The needs we believe are involved in a given situation are also a guess. For one, they might actually be what NVC calls “strategies.” You might believe you “need” to keep your current job, but a job is a strategy: just one way to get your sustenance and other needs met. A lover is another strategy: just one way to get your need for love met. Universal needs are never limited to specific sources, and it often takes someone else to remind us that “there’s plenty of fish in the sea.”
Even if the needs you express are actual needs, they may not be the ones that are being met or unmet in this case. When someone walks out on you, you might think you’re needing connection when you’re really worried about where your sustenance will come from. Friends will frequently know what our underlying issues are.
Finally, the request we make in order to fill our perceived need(s) is another hopeful guess, a strategy that may or may not be relevant to our needs, be effective in meeting them, or be appropriate to the situation. If what we’re really needing, for example, is connection, not sexual expression, then maybe a hug, a cuddle, or good talk would be the best approach. Sometimes, the truth may be the opposite!

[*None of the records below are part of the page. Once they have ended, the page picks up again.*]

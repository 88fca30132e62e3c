-- ===== src/Tests/Requests.antt =====
-- Locks, the top destinations and the HTTP parser at concrete inputs.
use deals_server.Prelude.{
  ℕ, ◌+◌, ◌%◌, ◌^◌, ◌≤◌, ◌<◌, ◌≡◌, refl, ◌⊎◌, true, false, List, [], ◌∷◌, ◌++◌, Text, codes, ok,
  arith, length, text_eq,
}
use deals_server.Utils.Calendar.{u32}
use deals_server.Utils.Strings.{
  find, concat_string, starts_with, split_string, split_loop, to_lower_case,
}
use deals_server.Utils.Numbers.{stol, signed, magnitude, skip_spaces}
use deals_server.Prelude.Decimal.{read_digits, to_string}
use deals_server.Server.Routing.{on_data, route, get_route, handles, ping}
use deals_server.Server.Responses.{size_info, sizes_of}
use deals_server.Server.Responses.Sizes.{size_info-length}
use deals_server.Types.Params.{lookup, add_object}
use deals_server.Types.Country.{CountryCode}
use deals_server.Types.Date.{undefined_date}
use deals_server.Types.Scalars.{Number}
use deals_server.Query.Search.{SearchQuery, Garbage, fresh}
use deals_server.Locks.{Lock, new_lock, open_section, enter, exit, is_locked}
use deals_server.Locks.Exclusion.{
  IsExclusive, opens, enters, here, next, Reach-IsExclusive, enter-exit,
}
use deals_server.Top.Counting.{Visit, DstInfo, process_elements}
use deals_server.Top.Counting.Exact.{counter_of, visits_of, process_elements-visits_of}
use deals_server.Top.Caching
use deals_server.Top.Caching.{Results, get_cached_result, save_result_to_cache}
use deals_server.Top.Caching.Saved.{IsLimited, get_cached_result-save_result_to_cache}
use deals_server.Http.Messages.{
  parse_headers, parse_request, header_of, add_headers, parse_query, param_of, add_params,
}
use deals_server.Http.Parser.{
  new_parser, write_all, get_headers, get_body, write, read_head, check_body, content_length_of,
}
use deals_server.Http.Parser.Pieces.{HasHead, HasBody, write_all-framed}

-- Two sections, of which the first is entered.
abbrev entered_lock : Lock
entered_lock = record { sem_value = 0; unlock_needed = true ∷ false ∷ [] }

Reach-IsExclusive_example : IsExclusive (enter 0 (open_section new_lock)).1
Reach-IsExclusive_example =
    Reach-IsExclusive (enter 0 (open_section new_lock)).1
      (next (next here (opens new_lock)) (enters 0 (open_section new_lock) (omega arith)))

enter-exit_example :
    ((exit true 0 entered_lock).0 ≡ ok tt)
    × ((enter 1 (exit true 0 entered_lock).1).0 ≡ ok tt)
    × (is_locked 1 (enter 1 (exit true 0 entered_lock).1).1 ≡ true)
enter-exit_example = enter-exit 0 1 entered_lock refl (omega arith)

-- Searches from the country 3, two of them for the place 9.
abbrev pub garbage : Garbage
garbage = record {
  origin_value = 1;
  departure_date_values = record { from = 0; to = 0; duration = 0 };
  return_date_values = record { from = 0; to = 0; duration = 0 };
  exact_date_value = 0;
  timestamp_value = 0;
  direct_flights_flag = false;
  roundtrip_flight_flag = false;
  departure_weekdays_bitmask = 0;
  return_weekdays_bitmask = 0;
  stay_days_values = record { from = 0; to = 0 };
  locale_value = 0;
}

abbrev from_three : SearchQuery
from_three = record (fresh garbage) { filter_locale = true; locale_value = 3 }

abbrev visit_at : ℕ → ℕ → Visit
visit_at country place = record { locale = country; destination = place; departure_date = 20160501 }

abbrev visits : List Visit
visits = visit_at 3 9 ∷ visit_at 4 9 ∷ visit_at 3 8 ∷ visit_at 3 9 ∷ []

process_elements-visits_of_example :
    counter_of 9 (process_elements from_three [] visits) ≡ visits_of from_three 9 visits % 2 ^ 32
process_elements-visits_of_example = process_elements-visits_of from_three 9 visits

two_visits : visits_of from_three 9 visits ≡ 2
two_visits = refl

abbrev country : CountryCode
country = record { paramter_undefined = false; code = 3 }

abbrev top_two : List DstInfo
top_two = record { destination = 9; counter = 2 } ∷ record { destination = 8; counter = 1 } ∷ []

get_cached_result-save_result_to_cache_example :
    (saved : Results) × (save_result_to_cache 1000 country undefined_date undefined_date top_two []
      ≡ ok saved)
    × ((later : ℕ) (limit : Number)
        → ((later ≤ (60 + 1000) % u32)
            × IsLimited limit top_two
                (get_cached_result later country undefined_date undefined_date limit saved).0
            × ((get_cached_result later country undefined_date undefined_date limit saved).1
                ≡ saved))
          ⊎ (((60 + 1000) % u32 < later)
              × (get_cached_result later country undefined_date undefined_date limit saved
                  ≡ (ok [], Caching.erase 3 []))))
    × ((other : ℕ) → (3 ≡ other) ⊎ (Caching.find other saved ≡ Caching.find other []))
get_cached_result-save_result_to_cache_example =
    get_cached_result-save_result_to_cache 1000 country undefined_date undefined_date top_two []
      refl refl (omega arith)

-- A request that is cut inside its blank line.
abbrev pieces : List Text
pieces =
    (codes "POST /a HTTP/1.0" ++ (13 ∷ 10 ∷ codes "Content-Length: 2") ++ (13 ∷ 10 ∷ 13 ∷ []))
    ∷ (10 ∷ codes "o")
    ∷ codes "k"
    ∷ []

write_all-framed_example :
    (get_headers (write_all new_parser pieces) ++ get_body (write_all new_parser pieces)
      ≡ concat_string pieces)
    × HasHead (write_all new_parser pieces) (concat_string pieces)
    × HasBody (write_all new_parser pieces)
unfolding concat_string
write_all-framed_example = write_all-framed pieces (omega arith)

completes : (write_all new_parser pieces).parsing_complete ≡ true
unfolding write_all write read_head check_body parse_headers parse_request header_of add_headers
    parse_query param_of add_params content_length_of concat_string find starts_with split_string
    split_loop to_lower_case stol signed magnitude skip_spaces read_digits lookup add_object text_eq
completes = refl

size_info-length_example :
    size_info (codes "{}" ∷ codes "{1}" ∷ [])
    ≡ to_string (length (size_info (codes "{}" ∷ codes "{1}" ∷ [])))
      ++ (codes ";" ++ sizes_of (codes "{}" ∷ codes "{1}" ∷ []))
size_info-length_example = size_info-length (codes "{}" ∷ codes "{1}" ∷ [])

size_text : size_info (codes "{}" ∷ codes "{1}" ∷ []) ≡ codes "6;2;3;"
unfolding size_info sizes_of to_string
size_text = refl

routed :
    (on_data false new_parser (codes "GET /ping HTTP/1.0" ++ (13 ∷ 10 ∷ 13 ∷ 10 ∷ []))).0
    ≡ handles ping
unfolding on_data route get_route write read_head check_body parse_headers parse_request header_of
    add_headers parse_query param_of add_params content_length_of concat_string find starts_with
    split_string split_loop to_lower_case stol signed magnitude skip_spaces read_digits lookup
    add_object text_eq
routed = refl
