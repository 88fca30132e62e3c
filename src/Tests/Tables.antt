-- ===== src/Tests/Tables.antt =====
-- A table of numbers with two pages of three elements.
use deals_server.Prelude.{
  ℕ, zero, suc, ◌-◌, ◌≤◌, ◌<◌, ◌≡◌, refl, ◌⊎◌, true, false, some, List, [], ◌∷◌, Text, codes, ok,
  arith, get_or, text_eq,
}
use deals_server.Prelude.Decimal.{to_string}
use deals_server.Utils.Calendar.{u32}
use deals_server.Memory.Index.{
  Slot, no_slot, Reserved, choose_page, oldest, find_last_data, reserve_at, records_to_scan,
}
use deals_server.Memory.Index.Reserving.{IsReserved}
use deals_server.Memory.Index.Validity.{IsIndex}
use deals_server.Memory.Pages.{
  Answers, page_memory_size, find_name, create_page, open_existing, open_page, get_page_by_name,
  write_page, copy_records, elements_of, release_unlinked,
}
use deals_server.Memory.Table.{
  Settings, Table, World, new_table, reserve, release_expired_memory_pages, maintain,
  remove_expired,
}
use deals_server.Memory.Table.Reservations.{IsLater, reserve-oldest}
use deals_server.Memory.Table.Maintenance.{Ends}
use deals_server.Memory.Operations.{
  add_record, process_records, cleanup, check_record, insert_records, scan_pages,
}
use deals_server.Memory.Operations.Cleaning.{Cleaned, cleanup-IsEmpty}
use deals_server.Memory.Operations.Adding.{IsTable, IsSettings, Added, get_element_data-add_record}
use deals_server.Deals.Info.{no_deal}
use deals_server.Database.Answering.{IsAnswered, deal_data-add_record}
use deals_server.Memory.Operations.Steps.{adds, processes, Reach, here, next, Reach-IsTable}

abbrev settings : Settings ℕ
settings = record {
  table_name = codes "T";
  table_max_pages = 2;
  record_expire_seconds = 10;
  format = record { system_page = 4096; element_size = 4; elements = 3; cleared = 0 };
}

abbrev all_well : Text → Answers
all_well name = record {
  locks = true;
  enters = true;
  opens = true;
  truncates = true;
  maps = true;
  mem_available = true;
}

abbrev pub at_time : ℕ → World
at_time now = record {
  now = now;
  mem_low = false;
  enters_maintenance = true;
  enters = true;
  answers = all_well;
}

abbrev low_at_time : ℕ → World
low_at_time now = record (at_time now) { mem_low = true }

settings-IsSettings : IsSettings settings
unfolding page_memory_size
settings-IsSettings = record { small = omega arith; positive = omega arith }

-- One page with room for an element, and one that is not used.
abbrev two_slots : List Slot
two_slots =
    record { expire_at = 200; page_elements_available = 1; page_name = codes "T:0" } ∷ no_slot ∷ []

two_slots-IsIndex : IsIndex 3 two_slots
two_slots-IsIndex = (omega arith, (λ e. absurd (omega arith)), (omega arith, (λ e. tt), tt))

abbrev first_table : Table ℕ
first_table = new_table settings

abbrev filled_table : Table ℕ
filled_table = (add_record settings (at_time 100) (7 ∷ 8 ∷ []) 0 first_table).1

stored_where :
    (add_record settings (at_time 100) (7 ∷ 8 ∷ []) 0 first_table).0
    ≡ ok (record { page_name = codes "T:0"; index = 0; size = 2 })
unfolding add_record release_expired_memory_pages maintain remove_expired find_last_data
    check_record insert_records reserve choose_page reserve_at get_page_by_name find_name open_page
    create_page open_existing page_memory_size write_page copy_records elements_of release_unlinked
    text_eq to_string process_records records_to_scan scan_pages
stored_where = refl

seen_again : (process_records settings (at_time 105) filled_table).0 ≡ ok (7 ∷ 8 ∷ [])
unfolding add_record release_expired_memory_pages maintain remove_expired find_last_data
    check_record insert_records reserve choose_page reserve_at get_page_by_name find_name open_page
    create_page open_existing page_memory_size write_page copy_records elements_of release_unlinked
    text_eq to_string process_records records_to_scan scan_pages
seen_again = refl

seen_no_more : (process_records settings (at_time 110) filled_table).0 ≡ ok []
unfolding add_record release_expired_memory_pages maintain remove_expired find_last_data
    check_record insert_records reserve choose_page reserve_at get_page_by_name find_name open_page
    create_page open_existing page_memory_size write_page copy_records elements_of release_unlinked
    text_eq to_string process_records records_to_scan scan_pages
seen_no_more = refl

two_slots_bounded : (k : ℕ) → (get_or two_slots k no_slot).expire_at < u32
two_slots_bounded zero = omega arith
two_slots_bounded (suc zero) = omega arith
two_slots_bounded (suc (suc k)) = omega arith

-- The slot that is evicted.
abbrev evicted : ℕ
evicted = (choose_page 100 2 two_slots 0 (u32 - 1) 0).expire_min_idx

reserve-oldest_example :
    (r : Reserved) × (reserve settings (low_at_time 100) 2 0 two_slots 0 ≡ some r)
    × IsReserved 3 2 110 (codes "T") two_slots oldest evicted r
    × (r.insert_element_idx ≡ 0)
    × (((choose_page 100 2 two_slots 0 (u32 - 1) 0).at ≡ 0)
        ⊎ (0 < (get_or two_slots evicted no_slot).expire_at))
    × ((k : ℕ)
        → k < (choose_page 100 2 two_slots 0 (u32 - 1) 0).at
        → (get_or two_slots evicted no_slot).expire_at ≤ (get_or two_slots k no_slot).expire_at)
    × IsLater (get_or two_slots evicted no_slot).expire_at 0 r.global_expire_at
unfolding choose_page
reserve-oldest_example =
    reserve-oldest settings (low_at_time 100) 2 0 0 two_slots two_slots-IsIndex (omega arith)
      (omega arith) (omega arith) two_slots_bounded refl refl

first_table-IsTable : IsTable settings first_table
first_table-IsTable = Reach-IsTable settings settings-IsSettings first_table here

filled-Reach : Reach settings first_table filled_table
filled-Reach = next here (adds (at_time 100) (7 ∷ 8 ∷ []) 0 first_table (omega arith))

filled_table-IsTable : IsTable settings filled_table
filled_table-IsTable = Reach-IsTable settings settings-IsSettings filled_table filled-Reach

cleanup-IsEmpty_example :
    Ends
      (Cleaned settings (at_time 105))
      (λ u. Unit {0})
      (cleanup settings (at_time 105) filled_table)
cleanup-IsEmpty_example =
    cleanup-IsEmpty settings (at_time 105) filled_table filled_table-IsTable.index
      filled_table-IsTable.sized

get_element_data-add_record_example :
    Added settings (7 ∷ 8 ∷ []) (add_record settings (at_time 100) (7 ∷ 8 ∷ []) 0 first_table)
get_element_data-add_record_example =
    get_element_data-add_record settings (at_time 100) (7 ∷ 8 ∷ []) 0 settings-IsSettings
      (omega arith) first_table first_table-IsTable

Reach-IsTable_example : IsTable settings (process_records settings (at_time 300) filled_table).1
Reach-IsTable_example =
    Reach-IsTable settings settings-IsSettings
      (process_records settings (at_time 300) filled_table).1
      (next filled-Reach (processes (at_time 300) filled_table))

deal_data-add_record_example :
    IsAnswered settings
      (at_time 100)
      (codes "ab")
      no_deal
      settings-IsSettings
      (omega arith)
      (add_record settings (at_time 100) (codes "ab") 0 first_table)
deal_data-add_record_example =
    deal_data-add_record settings (at_time 100) (codes "ab") no_deal settings-IsSettings
      (omega arith) first_table first_table-IsTable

In figuring out how best to help ourselves and others, we need input, another perspective. Scientific papers are published for peer review for the same reason. The fact is that we just don’t know ourselves completely. This brings up the question of needs vs. wants. What are "wants" in the NVC model? They are our perceived needs or strategies. We often have needs that we don’t perceive, and much of NVC is about becoming aware of them.
Not only can we be unaware of our needs, we may not even consciously want them. I may need water yet have no desire to drink it. I may need companionship yet want to be alone. Maybe I’d rather avoid the stress of finding someone or the risk of being rejected. Given conflicting needs and our conditioning, our human wires are often “crossed,” and we need each other’s help to untangle them. That’s why NVC is a cooperative search for truth, and it is as important an innovation in helping people get their needs met as the scientific method has been.
Study NVC and earn your wings. Know thyself, and the truth shall set you free. That’s the promise of NVC.